▸ TASK ITEM:
If a line of the listing contains the string "username", return that line.

▸ DATA EXCERPTS:
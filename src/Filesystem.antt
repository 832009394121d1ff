-- ===== src/Filesystem.antt =====
-- src/filesystem.rs: the mounts of a container.
pub mod Volumes
mod Tests
use Prim.Native.Nat.{bit_or}
use mathlib.Core.List.{reverse}
use virturust.Base.{
  ℕ, not, List, [], ◌∷◌, ◌++◌, ◌==◌, if◌then◌else◌, null_byte, mount_failed, create_dir_failed,
  pivot_root_failed, rootfs_missing, chdir_failed, ◌||◌, ◌&&◌,
}
use virturust.Text.{Text, codes}
use virturust.Text.Files.{FilePath, join, is_absolute}
use virturust.Security.Caps.{contains}
use virturust.Security.Hardening.{
  ms_rdonly, ms_nosuid, ms_nodev, ms_noexec, ms_remount, ms_bind, ms_rec, ms_private,
  ms_strictatime,
}
use virturust.Sys.{
  Action, ◌>>=◌, ◌>>◌, perform, attempt, require, drop_answer, ask, ignore, for_each, when, mount,
  umount, pivot_root, mknod, symlink, exists, create_dir_all, remove_dir, chdir, errno,
}
use virturust.Config.{VolumeMount}

-- `path_to_cstring(path)?` refuses a path with a null byte.
unfoldable pub path_to_cstring : FilePath → Action (Unit {0})
path_to_cstring path = require null_byte (not (contains path 0))

unfoldable pub bind_mount : FilePath → FilePath → Action (Unit {0})
bind_mount source target = do
  path_to_cstring source
  path_to_cstring target
  attempt mount_failed (mount source target [] (bit_or ms_bind ms_rec))

unfoldable pub mount_fs : Text → FilePath → Text → ℕ → Action (Unit {0})
mount_fs source target fstype flags = do
  path_to_cstring target
  attempt mount_failed (mount source target fstype flags)

unfoldable pub mount_none : FilePath → ℕ → Action (Unit {0})
mount_none target flags = attempt mount_failed (mount [] target [] flags)

unfoldable pub remount_readonly : FilePath → Action (Unit {0})
remount_readonly target = do
  path_to_cstring target
  attempt mount_failed (mount [] target [] (bit_or ms_bind (bit_or ms_remount ms_rdonly)))

-- A device node: name, mode, major and minor.
pub record Device : Type 0 where
  pub name : Text
  pub mode : ℕ
  pub major : ℕ
  pub minor : ℕ

abbrev pub devices : List Device
devices =
    record { name = codes "null"; mode = 0o666; major = 1; minor = 3 }
    ∷ record { name = codes "zero"; mode = 0o666; major = 1; minor = 5 }
    ∷ record { name = codes "random"; mode = 0o666; major = 1; minor = 8 }
    ∷ record { name = codes "urandom"; mode = 0o666; major = 1; minor = 9 }
    ∷ record { name = codes "tty"; mode = 0o666; major = 5; minor = 0 }
    ∷ record { name = codes "console"; mode = 0o600; major = 5; minor = 1 }
    ∷ []

-- `S_IFCHR | mode`
abbrev pub char_device : ℕ → ℕ
char_device mode = bit_or 0o020000 mode

-- EPERM is answered by a bind mount of the host's device, where there is one.
unfoldable pub bind_host_device : FilePath → Text → ℕ → Action (Unit {0})
bind_host_device path name code = when (code == 1) (do
  there ← perform (exists (join (codes "/dev") name))
  when there (bind_mount (join (codes "/dev") name) path))

unfoldable pub make_device : FilePath → Device → Action (Unit {0})
make_device dev_dir d = do
  path_to_cstring (join dev_dir d.name)
  made ← perform (mknod (join dev_dir d.name) (char_device d.mode) d.major d.minor)
  when (not made) (do code ← ask errno; bind_host_device (join dev_dir d.name) d.name code)

unfoldable pub setup_minimal_dev : FilePath → Action (Unit {0})
setup_minimal_dev dev_dir = do
  ignore (mount_fs (codes "tmpfs") dev_dir (codes "tmpfs") (bit_or ms_nosuid ms_strictatime))
  for_each devices (make_device dev_dir)
  attempt create_dir_failed (create_dir_all (join dev_dir (codes "pts")))
  ignore (
      mount_fs (codes "devpts") (join dev_dir (codes "pts")) (codes "devpts")
        (bit_or ms_nosuid ms_noexec))
  drop_answer (symlink (codes "pts/ptmx") (join dev_dir (codes "ptmx")))
  attempt create_dir_failed (create_dir_all (join dev_dir (codes "shm")))
  ignore (
      mount_fs (codes "tmpfs") (join dev_dir (codes "shm")) (codes "tmpfs")
        (bit_or ms_nosuid (bit_or ms_nodev ms_noexec)))
  drop_answer (symlink (codes "/proc/self/fd") (join dev_dir (codes "fd")))
  drop_answer (symlink (codes "/proc/self/fd/0") (join dev_dir (codes "stdin")))
  drop_answer (symlink (codes "/proc/self/fd/1") (join dev_dir (codes "stdout")))
  drop_answer (symlink (codes "/proc/self/fd/2") (join dev_dir (codes "stderr")))

unfoldable pub mount_special_filesystems : FilePath → Action (Unit {0})
mount_special_filesystems rootfs = do
  attempt create_dir_failed (create_dir_all (join rootfs (codes "proc")))
  mount_fs (codes "proc") (join rootfs (codes "proc")) (codes "proc")
      (bit_or ms_nosuid (bit_or ms_noexec ms_nodev))
  attempt create_dir_failed (create_dir_all (join rootfs (codes "sys")))
  mount_fs (codes "sysfs") (join rootfs (codes "sys")) (codes "sysfs")
      (bit_or ms_nosuid (bit_or ms_noexec (bit_or ms_nodev ms_rdonly)))
  attempt create_dir_failed (create_dir_all (join rootfs (codes "dev")))
  setup_minimal_dev (join rootfs (codes "dev"))

-- Leading slashes and dot segments of a path.
unfoldable pub strip_slashes : FilePath → FilePath
strip_slashes [] = []
strip_slashes (c ∷ []) = if (c == b'/') || (c == b'.') then [] else c ∷ []
strip_slashes (c ∷ d ∷ p) =
    let rest = strip_slashes (d ∷ p) in
    if (c == b'/') || ((c == b'.') && (d == b'/')) then rest else c ∷ d ∷ p

-- `path.strip_prefix("/").unwrap_or(path)`; what is left has no slash or dot segment at its ends.
unfoldable pub strip_root : FilePath → FilePath
strip_root path =
    if is_absolute path then reverse (strip_slashes (reverse (strip_slashes path))) else path

abbrev pub mount_target : FilePath → VolumeMount → FilePath
mount_target rootfs vol = join rootfs (strip_root vol.container_path)

-- One round of the loop of `mount_volumes`.
unfoldable pub mount_volume : FilePath → VolumeMount → Action (Unit {0})
mount_volume rootfs vol = do
  attempt create_dir_failed (create_dir_all (mount_target rootfs vol))
  bind_mount vol.host_path (mount_target rootfs vol)
  when vol.read_only (remount_readonly (mount_target rootfs vol))

unfoldable pub mount_volumes : FilePath → List VolumeMount → Action (Unit {0})
mount_volumes rootfs volumes = for_each volumes (mount_volume rootfs)

-- The steps of `setup_container_fs` up to the mounts of the volumes.
unfoldable pub prepare_mounts : FilePath → List VolumeMount → Action (Unit {0})
prepare_mounts rootfs volumes = do
  there ← perform (exists rootfs)
  require rootfs_missing there
  mount_none (codes "/") (bit_or ms_rec ms_private)
  bind_mount rootfs rootfs
  mount_special_filesystems rootfs
  mount_volumes rootfs volumes

-- The mount point of the old root, and the two paths as C strings.
unfoldable pub make_old_root : FilePath → Action (Unit {0})
make_old_root rootfs = do
  attempt create_dir_failed (create_dir_all (join rootfs (codes "old_root")))
  path_to_cstring rootfs
  path_to_cstring (join rootfs (codes "old_root"))

-- `pivot_root` and what follows it.
unfoldable pub swap_root : FilePath → Action (Unit {0})
swap_root rootfs = do
  attempt pivot_root_failed (pivot_root rootfs (join rootfs (codes "old_root")))
  attempt chdir_failed (chdir (codes "/"))
  drop_answer (umount (codes "/old_root"))
  drop_answer (remove_dir (codes "/old_root"))

unfoldable pub setup_container_fs : FilePath → List VolumeMount → Action (Unit {0})
setup_container_fs rootfs volumes = do
  prepare_mounts rootfs volumes
  make_old_root rootfs
  swap_root rootfs

unfoldable pub overlay_options : FilePath → FilePath → Text
overlay_options image_rootfs overlay_dir =
    codes "lowerdir="
    ++ (image_rootfs
        ++ (codes ",upperdir="
            ++ (join overlay_dir (codes "upper")
                ++ (codes ",workdir=" ++ join overlay_dir (codes "work")))))

-- The options stand in the place of the mount's source.
unfoldable pub setup_overlay : FilePath → FilePath → Action (Unit {0})
setup_overlay image_rootfs overlay_dir = do
  attempt create_dir_failed (create_dir_all (join overlay_dir (codes "upper")))
  attempt create_dir_failed (create_dir_all (join overlay_dir (codes "work")))
  attempt create_dir_failed (create_dir_all (join overlay_dir (codes "merged")))
  path_to_cstring (join overlay_dir (codes "merged"))
  require null_byte (not (contains (overlay_options image_rootfs overlay_dir) 0))
  attempt mount_failed (
      mount (overlay_options image_rootfs overlay_dir) (join overlay_dir (codes "merged"))
        (codes "overlay") 0)

unfoldable pub cleanup_overlay : FilePath → Action (Unit {0})
cleanup_overlay overlay_dir = do
  there ← perform (exists (join overlay_dir (codes "merged")))
  when there (do
    path_to_cstring (join overlay_dir (codes "merged"))
    drop_answer (umount (join overlay_dir (codes "merged"))))
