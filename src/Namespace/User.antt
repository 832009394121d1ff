-- ===== src/Namespace/User.antt =====
-- `apply_user` and the look-ups in /etc/passwd and /etc/group.
use virturust.Base.{
  ℕ, List, [], ◌∷◌, Option, none, some, if◌then◌else◌, io_error, bad_number, unknown_user,
  unknown_group, setgid_failed, setuid_failed, Error, Result, ok, err,
}
use virturust.Text.{Text, codes, text_eq}
use virturust.Text.Files.{lines}
use virturust.Text.Splitting.{split, split_once}
use virturust.Text.Number.{u32_max, parse_uint}
use virturust.Sys.{Action, pure, throw, ◌>>=◌, ◌>>◌, fetch, attempt, read_file, setgid, setuid}

-- A line with three fields or more, as its first and third field.
unfoldable pub name_and_id : List Text → Option (Text × Text)
name_and_id (name ∷ password ∷ id ∷ rest) = some (name, id)
name_and_id _ = none

-- The id of a name in a line, if the line is the name's.
unfoldable pub id_in_line : Text → Text → Option Text
id_in_line name line = elim (name_and_id (split b':' line)) [
  | none ↦ none
  | some (field, id) ↦ if text_eq field name then some id else none
]

unfoldable pub find_id : Error → Text → List Text → Result ℕ
find_id missing name [] = err missing
find_id missing name (line ∷ rest) = elim (id_in_line name line) [
  | none ↦ find_id missing name rest
  | some id ↦ elim (parse_uint u32_max id) [ none ↦ err bad_number | some n ↦ ok n ]
]

unfoldable pub lift : Result ℕ → Action ℕ
lift r k h = (r, h)

unfoldable pub lookup_uid : Text → Action ℕ
lookup_uid username = do
  passwd ← fetch (read_file (codes "/etc/passwd"))
  elim passwd [
    | none ↦ throw io_error
    | some text ↦ lift (find_id unknown_user username (lines text))
  ]

unfoldable pub lookup_gid : Text → Action ℕ
lookup_gid groupname = do
  group ← fetch (read_file (codes "/etc/group"))
  elim group [
    | none ↦ throw io_error
    | some text ↦ lift (find_id unknown_group groupname (lines text))
  ]

-- `(user_part, group_part)`
unfoldable pub user_and_group : Text → Text × Option Text
user_and_group spec = elim (split_once b':' spec) [
  | some (u, g) ↦ (u, some g)
  | none ↦ (spec, none)
]

unfoldable pub uid_of : Text → Action ℕ
uid_of user_part = elim (parse_uint u32_max user_part) [
  | some uid ↦ pure uid
  | none ↦ lookup_uid user_part
]

unfoldable pub gid_of : Text → Action ℕ
gid_of group = elim (parse_uint u32_max group) [ some gid ↦ pure gid | none ↦ lookup_gid group ]

unfoldable pub switch : ℕ → Option ℕ → Action (Unit {0})
switch uid none = attempt setuid_failed (setuid uid)
switch uid (some gid) = do attempt setgid_failed (setgid gid); attempt setuid_failed (setuid uid)

unfoldable pub apply_parts : Text → Option Text → Action (Unit {0})
apply_parts user none = do uid ← uid_of user; switch uid none
apply_parts user (some group) = do uid ← uid_of user; gid ← gid_of group; switch uid (some gid)

unfoldable pub apply_user : Text → Action (Unit {0})
apply_user spec = apply_parts (user_and_group spec).0 (user_and_group spec).1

▸ EXERCISE OUTPUT:
lookup_uid username = do
    | some text ↦ lift (find_id unknown_user username (lines text))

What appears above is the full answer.